(Stored data)
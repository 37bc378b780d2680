-- ===== src/Client/GapSync.antt =====
-- Catching up after a reconnect: apps/web/src/features/chat/gapSync.ts, with the bookmarks of
-- apps/web/src/lib/lastSeenSeq.ts. The loop reads nothing of a message but its `seq`, and is
-- written for any type of messages that has one. `fetch_after` is the server's answer, or `none`
-- where the request fails.
use videochat.Prelude.{
  ℕ, zero, suc, Bool, false, Option, none, some, List, [], ◌∷◌, ◌++◌, any, last?, leb, ◌==◌,
  if◌then◌else◌,
}
use videochat.Messages.Paging.{MessagesPage}

-- The two kinds of entries of `localStorage`: a bookmark per conversation and the index of the
-- conversations that have one.
pub record Bookmarks : Type 0 where
  pub last_seen : ℕ → Option ℕ
  pub index : List ℕ

unfoldable pub get_last_seen_seq : Bookmarks → ℕ → Option ℕ
get_last_seen_seq marks conversation = marks.last_seen conversation

unfoldable pub tracked_conversation_ids : Bookmarks → List ℕ
tracked_conversation_ids marks = marks.index

-- `current !== null && seq <= current`.
abbrev pub is_known : Option ℕ → ℕ → Bool
is_known none seq = false
is_known (some current) seq = leb seq current

unfoldable pub record_seen_seq : Bookmarks → ℕ → ℕ → Bookmarks
unfolding get_last_seen_seq tracked_conversation_ids
record_seen_seq marks conversation seq =
    if is_known (get_last_seen_seq marks conversation) seq then marks else record {
      last_seen = λ c. if c == conversation then some seq else marks.last_seen c;
      index =
          if any (λ id. id == conversation) (tracked_conversation_ids marks)
          then marks.index
          else marks.index ++ conversation ∷ [];
    }

-- `MAX_PAGES_PER_CONVERSATION`.
abbrev pub max_pages_per_conversation : ℕ
max_pages_per_conversation = 25

module _ {ℓ} {A : Type ℓ} (seq_of : A → ℕ) where
  -- The cursor and the bookmarks after a page with this last message.
  abbrev pub next_after : ℕ → Option A → ℕ
  next_after after_seq none = after_seq
  next_after after_seq (some l) = seq_of l

  abbrev pub record_last : Bookmarks → ℕ → Option A → Bookmarks
  record_last marks conversation none = marks
  record_last marks conversation (some l) = record_seen_seq marks conversation (seq_of l)

  -- The `for` loop: the first argument counts the pages that are left.
  unfoldable pub collect_pages :
      ℕ → (ℕ → Option (MessagesPage A)) → ℕ → ℕ → Bookmarks → List A × Bookmarks
  collect_pages zero fetch conversation after_seq marks = ([], marks)
  collect_pages (suc pages) fetch conversation after_seq marks = elim (fetch after_seq) [
    | none ↦ ([], marks)
    | some page ↦
        let marks' = record_last marks conversation (last? page.rows) in
        let rest =
          collect_pages pages fetch conversation (next_after after_seq (last? page.rows)) marks' in
        if page.has_more then (page.rows ++ rest.0, rest.1) else (page.rows, marks')
  ]

  -- From the bookmark on; a conversation without one was never opened.
  abbrev pub sync_from :
      Bookmarks → (ℕ → Option (MessagesPage A)) → ℕ → Option ℕ → List A × Bookmarks
  sync_from marks fetch conversation none = ([], marks)
  sync_from marks fetch conversation (some after_seq) =
      collect_pages max_pages_per_conversation fetch conversation after_seq marks

  -- What is handed to `onCaughtUp`, which is called only where it is not empty.
  unfoldable pub sync_one : Bookmarks → (ℕ → Option (MessagesPage A)) → ℕ → List A × Bookmarks
  sync_one marks fetch conversation =
      sync_from marks fetch conversation (get_last_seen_seq marks conversation)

■ **EXERCISE GOAL**: Look above for lines with the word "then" and copy them all.

■ **RESPONSE TO THIS TASK**:
  if◌then◌else◌,
    if is_known (get_last_seen_seq marks conversation) seq then marks else record {
      last_seen = λ c. if c == conversation then some seq else marks.last_seen c;
          then marks.index
        if page.has_more then (page.rows ++ rest.0, rest.1) else (page.rows, marks')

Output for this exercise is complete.